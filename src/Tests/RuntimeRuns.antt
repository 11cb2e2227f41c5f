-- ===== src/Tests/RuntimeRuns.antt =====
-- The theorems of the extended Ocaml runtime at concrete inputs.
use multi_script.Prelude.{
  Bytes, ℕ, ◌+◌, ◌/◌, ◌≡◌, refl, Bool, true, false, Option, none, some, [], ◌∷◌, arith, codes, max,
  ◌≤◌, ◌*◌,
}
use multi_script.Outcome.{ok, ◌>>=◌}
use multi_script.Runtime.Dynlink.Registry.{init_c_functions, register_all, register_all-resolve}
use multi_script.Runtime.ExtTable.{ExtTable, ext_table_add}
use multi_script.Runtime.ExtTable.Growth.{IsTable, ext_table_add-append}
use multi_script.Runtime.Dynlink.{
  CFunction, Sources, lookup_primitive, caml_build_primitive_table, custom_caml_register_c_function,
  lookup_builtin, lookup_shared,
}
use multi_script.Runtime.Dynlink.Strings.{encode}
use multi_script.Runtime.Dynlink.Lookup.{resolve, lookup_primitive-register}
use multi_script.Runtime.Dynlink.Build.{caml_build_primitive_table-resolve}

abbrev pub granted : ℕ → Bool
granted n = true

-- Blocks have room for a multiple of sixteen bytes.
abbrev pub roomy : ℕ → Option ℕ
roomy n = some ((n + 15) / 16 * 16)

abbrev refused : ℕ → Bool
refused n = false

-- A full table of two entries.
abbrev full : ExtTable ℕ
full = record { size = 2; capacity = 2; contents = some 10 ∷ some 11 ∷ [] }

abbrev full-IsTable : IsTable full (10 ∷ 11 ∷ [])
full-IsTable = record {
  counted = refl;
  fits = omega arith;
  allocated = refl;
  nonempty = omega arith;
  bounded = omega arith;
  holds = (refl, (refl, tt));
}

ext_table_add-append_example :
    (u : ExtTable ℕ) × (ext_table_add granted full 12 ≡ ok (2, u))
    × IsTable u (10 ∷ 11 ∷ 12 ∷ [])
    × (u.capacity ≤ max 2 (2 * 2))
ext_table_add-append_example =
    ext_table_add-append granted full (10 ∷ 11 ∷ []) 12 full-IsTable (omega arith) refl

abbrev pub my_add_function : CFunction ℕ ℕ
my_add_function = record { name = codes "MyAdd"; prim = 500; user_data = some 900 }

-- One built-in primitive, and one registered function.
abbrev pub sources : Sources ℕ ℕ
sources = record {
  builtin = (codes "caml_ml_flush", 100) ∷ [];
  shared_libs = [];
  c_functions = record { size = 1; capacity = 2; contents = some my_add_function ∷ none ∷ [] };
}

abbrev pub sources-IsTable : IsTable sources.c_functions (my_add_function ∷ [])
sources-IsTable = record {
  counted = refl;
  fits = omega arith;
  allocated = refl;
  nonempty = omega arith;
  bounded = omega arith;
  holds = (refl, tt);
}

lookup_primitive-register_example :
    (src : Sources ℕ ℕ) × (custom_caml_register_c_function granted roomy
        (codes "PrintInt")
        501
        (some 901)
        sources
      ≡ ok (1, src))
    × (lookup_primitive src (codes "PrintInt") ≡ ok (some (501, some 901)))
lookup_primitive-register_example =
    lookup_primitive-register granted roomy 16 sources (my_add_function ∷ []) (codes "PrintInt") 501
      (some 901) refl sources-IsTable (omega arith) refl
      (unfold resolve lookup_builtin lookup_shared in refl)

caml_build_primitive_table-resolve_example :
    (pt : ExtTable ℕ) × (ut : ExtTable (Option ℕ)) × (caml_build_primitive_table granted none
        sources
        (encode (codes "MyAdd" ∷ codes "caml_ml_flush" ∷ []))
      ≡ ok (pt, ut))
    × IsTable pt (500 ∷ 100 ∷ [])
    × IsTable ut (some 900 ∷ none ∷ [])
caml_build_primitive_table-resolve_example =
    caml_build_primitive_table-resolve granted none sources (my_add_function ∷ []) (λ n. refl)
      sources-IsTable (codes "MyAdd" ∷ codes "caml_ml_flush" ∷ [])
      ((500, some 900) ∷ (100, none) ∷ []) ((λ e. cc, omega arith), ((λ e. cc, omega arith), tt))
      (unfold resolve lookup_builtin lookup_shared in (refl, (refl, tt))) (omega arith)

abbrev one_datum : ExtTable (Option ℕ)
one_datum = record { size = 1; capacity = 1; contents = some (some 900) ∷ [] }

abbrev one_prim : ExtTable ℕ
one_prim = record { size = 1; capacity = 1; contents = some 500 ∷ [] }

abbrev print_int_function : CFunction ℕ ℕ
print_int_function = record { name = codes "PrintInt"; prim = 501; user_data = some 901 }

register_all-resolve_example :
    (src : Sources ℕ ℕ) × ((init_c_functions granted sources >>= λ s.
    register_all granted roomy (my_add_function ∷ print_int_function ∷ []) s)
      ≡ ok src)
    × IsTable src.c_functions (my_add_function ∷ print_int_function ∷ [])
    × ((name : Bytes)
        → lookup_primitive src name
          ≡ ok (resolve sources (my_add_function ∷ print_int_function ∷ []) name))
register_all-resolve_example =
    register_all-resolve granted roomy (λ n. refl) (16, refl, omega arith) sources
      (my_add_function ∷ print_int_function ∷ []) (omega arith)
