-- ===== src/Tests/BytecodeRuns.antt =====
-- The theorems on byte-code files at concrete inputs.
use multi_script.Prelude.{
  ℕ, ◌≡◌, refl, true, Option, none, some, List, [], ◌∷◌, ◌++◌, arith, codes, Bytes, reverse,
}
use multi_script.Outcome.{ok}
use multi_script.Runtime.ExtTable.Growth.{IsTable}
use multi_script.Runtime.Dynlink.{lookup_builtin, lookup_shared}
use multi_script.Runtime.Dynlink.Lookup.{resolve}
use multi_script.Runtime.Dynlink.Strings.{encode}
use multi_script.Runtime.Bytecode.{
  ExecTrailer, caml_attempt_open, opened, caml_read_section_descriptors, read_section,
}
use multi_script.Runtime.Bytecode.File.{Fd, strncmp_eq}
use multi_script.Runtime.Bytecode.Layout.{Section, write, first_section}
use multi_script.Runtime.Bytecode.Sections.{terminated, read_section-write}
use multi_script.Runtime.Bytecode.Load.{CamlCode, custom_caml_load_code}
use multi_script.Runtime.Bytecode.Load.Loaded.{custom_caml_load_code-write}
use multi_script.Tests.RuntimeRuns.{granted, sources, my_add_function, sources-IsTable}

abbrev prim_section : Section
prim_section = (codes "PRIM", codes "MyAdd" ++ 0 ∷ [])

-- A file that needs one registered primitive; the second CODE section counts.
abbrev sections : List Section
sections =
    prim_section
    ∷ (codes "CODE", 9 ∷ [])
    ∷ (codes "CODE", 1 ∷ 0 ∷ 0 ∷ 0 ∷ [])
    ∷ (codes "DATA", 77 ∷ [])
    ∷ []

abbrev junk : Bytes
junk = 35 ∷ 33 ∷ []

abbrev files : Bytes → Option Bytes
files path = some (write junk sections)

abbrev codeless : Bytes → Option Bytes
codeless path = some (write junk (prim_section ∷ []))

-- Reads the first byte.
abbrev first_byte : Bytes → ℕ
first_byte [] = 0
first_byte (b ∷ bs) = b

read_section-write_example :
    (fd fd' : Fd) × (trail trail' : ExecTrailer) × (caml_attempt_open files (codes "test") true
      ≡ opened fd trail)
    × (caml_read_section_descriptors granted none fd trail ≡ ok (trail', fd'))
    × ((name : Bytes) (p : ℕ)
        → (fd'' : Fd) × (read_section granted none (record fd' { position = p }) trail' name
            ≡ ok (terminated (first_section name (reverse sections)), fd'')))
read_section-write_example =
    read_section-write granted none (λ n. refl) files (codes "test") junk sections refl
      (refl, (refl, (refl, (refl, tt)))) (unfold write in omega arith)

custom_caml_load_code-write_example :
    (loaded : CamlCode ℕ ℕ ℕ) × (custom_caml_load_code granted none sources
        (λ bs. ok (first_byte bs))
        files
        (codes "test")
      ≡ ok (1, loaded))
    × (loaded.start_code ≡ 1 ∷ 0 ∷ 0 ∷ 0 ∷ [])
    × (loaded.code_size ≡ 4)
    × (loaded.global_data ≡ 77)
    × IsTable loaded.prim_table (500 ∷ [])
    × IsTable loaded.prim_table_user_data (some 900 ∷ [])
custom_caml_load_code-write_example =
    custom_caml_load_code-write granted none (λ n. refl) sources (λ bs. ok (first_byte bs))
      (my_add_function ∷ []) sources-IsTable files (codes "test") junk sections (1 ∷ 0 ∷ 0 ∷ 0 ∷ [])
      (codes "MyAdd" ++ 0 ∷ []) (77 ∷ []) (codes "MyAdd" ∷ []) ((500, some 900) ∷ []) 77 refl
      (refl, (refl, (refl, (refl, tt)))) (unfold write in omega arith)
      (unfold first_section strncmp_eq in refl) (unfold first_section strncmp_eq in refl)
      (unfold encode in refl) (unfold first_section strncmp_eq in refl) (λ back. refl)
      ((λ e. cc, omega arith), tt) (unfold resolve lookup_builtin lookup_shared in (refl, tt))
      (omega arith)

○ ○ ○ ○ ○ ○ ○

- TASK PROMPT -
Whenever a line of the data above includes the word "roomy", copy that line.

- TASK OUTPUT -
abbrev pub roomy : ℕ → Option ℕ
roomy n = some ((n + 15) / 16 * 16)
    (src : Sources ℕ ℕ) × (custom_caml_register_c_function granted roomy
    lookup_primitive-register granted roomy 16 sources (my_add_function ∷ []) (codes "PrintInt") 501
    register_all granted roomy (my_add_function ∷ print_int_function ∷ []) s)
    register_all-resolve granted roomy (λ n. refl) (16, refl, omega arith) sources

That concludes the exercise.